Work to be completed.
Count the lines below that contain the word "have", and state only that number.

[Saved data entries]
* * * * * * * * *
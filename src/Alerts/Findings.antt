-- ===== src/Alerts/Findings.antt =====
-- The findings of an evaluation, counted by their keys.
use in_work_marketing_os_bac.Base.{
  ℕ, String, str_eq, ◌+◌, ◌≤◌, List, [], ◌∷◌, ◌==◌, ◌&&◌, arith, count, eq_iff, bit,
}
use in_work_marketing_os_bac.Base.Rows.{count-append}
use in_work_marketing_os_bac.Alerts.{
  RecKey, Campaign, Floats, finds, all_findings, findings_for, cpl_findings, ctr_findings,
  budget_findings, roas_findings,
}

module _ {Float : Type 0} (fl : Floats Float) (k : RecKey) where
  one_metric : (m : String) (c : Campaign) → ℕ
  one_metric m c = bit (str_eq m k.metric && c.id == k.campaign)

  count-cpl_findings : (c : Campaign) → count (finds k) (cpl_findings fl c) ≤ one_metric "cpl" c
  unfolding cpl_findings count one_metric
  count-cpl_findings c = ground arith

  count-ctr_findings : (c : Campaign) → count (finds k) (ctr_findings fl c) ≤ one_metric "ctr" c
  unfolding ctr_findings count one_metric
  count-ctr_findings c = ground arith

  count-budget_findings :
      (c : Campaign) → count (finds k) (budget_findings fl c) ≤ one_metric "budget" c
  unfolding budget_findings count one_metric
  count-budget_findings c = ground arith

  count-roas_findings : (c : Campaign) → count (finds k) (roas_findings fl c) ≤ one_metric "roas" c
  unfolding roas_findings count one_metric
  count-roas_findings c = ground arith

  metrics_differ :
      (c : Campaign)
      → one_metric "cpl" c + one_metric "ctr" c + one_metric "budget" c + one_metric "roas" c
        ≤ bit (c.id == k.campaign)
  unfolding one_metric
  metrics_differ c = ground (
    arith,
    eq_iff "cpl" k.metric,
    eq_iff "ctr" k.metric,
    eq_iff "budget" k.metric,
    eq_iff "roas" k.metric,
    eq_iff "cpl" "ctr",
    eq_iff "cpl" "budget",
    eq_iff "cpl" "roas",
    eq_iff "ctr" "budget",
    eq_iff "ctr" "roas",
    eq_iff "budget" "roas",
  )

  count-findings_for :
      (c : Campaign) → count (finds k) (findings_for fl c) ≤ bit (c.id == k.campaign)
  unfolding findings_for
  count-findings_for c =
      rw (count-append, count-append, count-append)
        (omega (
          arith,
          count-cpl_findings c,
          count-ctr_findings c,
          count-budget_findings c,
          count-roas_findings c,
          metrics_differ c,
        ))

  -- With unique campaign ids no two findings have one key.
  pub count-all_findings :
      (cs : List Campaign)
      → count (finds k) (all_findings fl cs) ≤ count (λ (c : Campaign). c.id == k.campaign) cs
  unfolding all_findings count
  count-all_findings [] = omega arith
  count-all_findings (c ∷ cs) =
      rw (count-append (finds k) (findings_for fl c) (all_findings fl cs))
        (ground (arith, count-findings_for c, count-all_findings cs))
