-- ===== src/Alerts/Reconcile.antt =====
-- One evaluation: the live alerts of a client are those of its present breaches, one for each.
use in_work_marketing_os_bac.Base.{
  ℕ, ◌≤◌, Bool, List, [], ◌∷◌, ◌==◌, ◌≡◌, arith, any, keep_if, count, bit,
}
use in_work_marketing_os_bac.Alerts.{
  RecKey, Finding, Alert, Campaign, Floats, live_with, finds, campaigns_of, all_findings, evaluate,
  evaluated,
}
use in_work_marketing_os_bac.Alerts.Table.{count-reconciled}
use in_work_marketing_os_bac.Alerts.Findings.{count-all_findings}

-- The findings of an evaluation.
abbrev pub breaches : {Float : Type 0} → Floats Float → ℕ → List Campaign → List (Finding Float)
breaches fl client_id campaigns = all_findings fl (campaigns_of client_id campaigns)

-- No two live alerts of a client have one key.
abbrev pub IsDeduped : {Float : Type 0} → ℕ → List (Alert Float) → Type 0
IsDeduped client_id alerts = (k : RecKey) → count (live_with client_id k) alerts ≤ 1

-- Campaign ids are a primary key.
abbrev pub HasUniqueIds : List Campaign → Type 0
HasUniqueIds campaigns = (i : ℕ) → count (λ (c : Campaign). c.id == i) campaigns ≤ 1

count-keep_if_le :
    (p q : Campaign → Bool) (cs : List Campaign) → count p (keep_if q cs) ≤ count p cs
unfolding count keep_if
count-keep_if_le p q [] = omega arith
count-keep_if_le p q (c ∷ cs) = ground (arith, count-keep_if_le p q cs)

-- With unique campaign ids, and where no two live alerts of the client have one key: after an evaluation the
-- client has exactly one live alert for each key that a campaign breaches now, and none for any other key.
pub evaluated-live :
    {Float : Type 0} (fl : Floats Float) (new_id client_id : ℕ) (campaigns : List Campaign)
    (alerts : List (Alert Float)) (k : RecKey)
    → HasUniqueIds campaigns
    → IsDeduped client_id alerts
    → count (live_with client_id k) (evaluate fl new_id client_id campaigns alerts).0
      ≡ bit (any (finds k) (breaches fl client_id campaigns))
unfolding evaluate evaluated
evaluated-live fl new_id client_id campaigns alerts k unique d =
    count-reconciled client_id k alerts new_id (breaches fl client_id campaigns) (d k) (
      omega (
        arith,
        count-all_findings fl k (campaigns_of client_id campaigns),
        unique k.campaign,
        count-keep_if_le (λ (c : Campaign). c.id == k.campaign)
            (λ (c : Campaign). c.client_id == client_id) campaigns,
      ))
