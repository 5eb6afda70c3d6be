-- ===== src/Alerts/Again.antt =====
-- An evaluation that is run again, and the alerts that no evaluation touches.
use in_work_marketing_os_bac.Base.{
  ℕ, Bool, true, false, Option, none, some, List, [], ◌∷◌, ◌≡◌, not, refl, arith, length, any,
  count, bit, is_some, Option-cases, inl, inr,
}
use in_work_marketing_os_bac.Base.Lists.{All, All-map_same}
use in_work_marketing_os_bac.Alerts.{
  RecKey, Finding, Alert, Campaign, Floats, live_with, live_get, finds, is_over, is_known, unseen,
  evaluate,
}
use in_work_marketing_os_bac.Alerts.Reconcile.{breaches, IsDeduped, HasUniqueIds, evaluated-live}
use in_work_marketing_os_bac.Alerts.Table.{find_last-none, find_last-some, key_eq_refl}

count_none {ℓ} :
    {A : Type ℓ} (p : A → Bool) (xs : List A) → ((x : A) → p x ≡ false) → count p xs ≡ 0
unfolding count
count_none p [] h = refl
count_none p (x ∷ xs) h = rw (h x) (count_none p xs h)

count_every {ℓ} :
    {A : Type ℓ} (p : A → Bool) (xs : List A)
    → All (λ x. p x ≡ true) xs
    → (count p xs ≡ length xs) × (count (λ x. not (p x)) xs ≡ 0)
unfolding count
count_every p [] h = (refl, refl)
count_every p (x ∷ xs) h = ground (arith, h.0, count_every p xs h.1)

-- Every finding is found by its key.
found :
    {Float : Type 0} (fs : List (Finding Float))
    → All (λ (f : Finding Float). any (finds f.rec_key) fs ≡ true) fs
found [] = tt
found (f ∷ fs) = (
  rw (key_eq_refl f.rec_key) refl,
  All-map_same (λ (g : Finding _). any (finds g.rec_key) fs ≡ true)
      (λ (g : Finding _). any (finds g.rec_key) (f ∷ fs) ≡ true) (λ g h. ground (arith, h)) fs
      (found fs),
)

module _ {Float : Type 0} (client_id : ℕ) (alerts : List (Alert Float)) (fs : List (Finding Float))
    (settled : (k : RecKey) → count (live_with client_id k) alerts ≡ bit (any (finds k) fs)) where
  settled_known :
      (k : RecKey) → any (finds k) fs ≡ true → is_some (live_get alerts client_id k) ≡ true
  settled_known k h = elim (Option-cases (live_get alerts client_id k)) [
    | inl e ↦ absurd (ground (arith, find_last-none (live_with client_id k) alerts e, settled k))
    | inr (x, e) ↦ rw e refl
  ]

  settled_unseen : (i : ℕ) (r : Option RecKey) → unseen alerts client_id fs i r ≡ false
  settled_unseen i none = refl
  settled_unseen i (some k) = elim (Option-cases (live_get alerts client_id k)) [
    | inl e ↦ rw e (ground arith)
    | inr (x, e) ↦ ground (arith, find_last-some (live_with client_id k) alerts x e, settled k)
  ]

again :
    {Float : Type 0} (fl : Floats Float) (next_id client_id : ℕ) (campaigns : List Campaign)
    (now : List (Alert Float))
    → ((k : RecKey)
        → count (live_with client_id k) now ≡ bit (any (finds k) (breaches fl client_id campaigns)))
    → let result = (evaluate fl next_id client_id campaigns now).1 in
      (result.opened_count ≡ 0)
      × (result.auto_resolved_count ≡ 0)
      × (result.updated_count ≡ length (breaches fl client_id campaigns))
unfolding evaluate
again fl next_id client_id campaigns now settled =
    let fs = breaches fl client_id campaigns in
    let known = count_every (is_known now client_id) fs (
      All-map_same (λ (f : Finding _). any (finds f.rec_key) fs ≡ true)
        (λ (f : Finding _). is_known now client_id f ≡ true)
        (λ f h. settled_known client_id now fs settled f.rec_key h) fs (found fs)) in
    (
      known.1,
      count_none (is_over now client_id fs) now
          (λ a. ground (arith, settled_unseen client_id now fs settled a.id a.rec_key)),
      known.0,
    )

-- With unique campaign ids, and where no two live alerts of the client have one key: an evaluation right after
-- another opens and resolves nothing, and updates one alert for each finding.
pub evaluate-again :
    {Float : Type 0} (fl : Floats Float) (new_id next_id client_id : ℕ) (campaigns : List Campaign)
    (alerts : List (Alert Float))
    → HasUniqueIds campaigns
    → IsDeduped client_id alerts
    → let again =
        (evaluate fl next_id client_id campaigns
          (evaluate fl new_id client_id campaigns alerts).0).1 in
      (again.opened_count ≡ 0)
      × (again.auto_resolved_count ≡ 0)
      × (again.updated_count ≡ length (breaches fl client_id campaigns))
evaluate-again fl new_id next_id client_id campaigns alerts unique d =
    again fl next_id client_id campaigns (evaluate fl new_id client_id campaigns alerts).0
      (λ k. evaluated-live fl new_id client_id campaigns alerts k unique d)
* * * * * * * * *
Exercise response.
4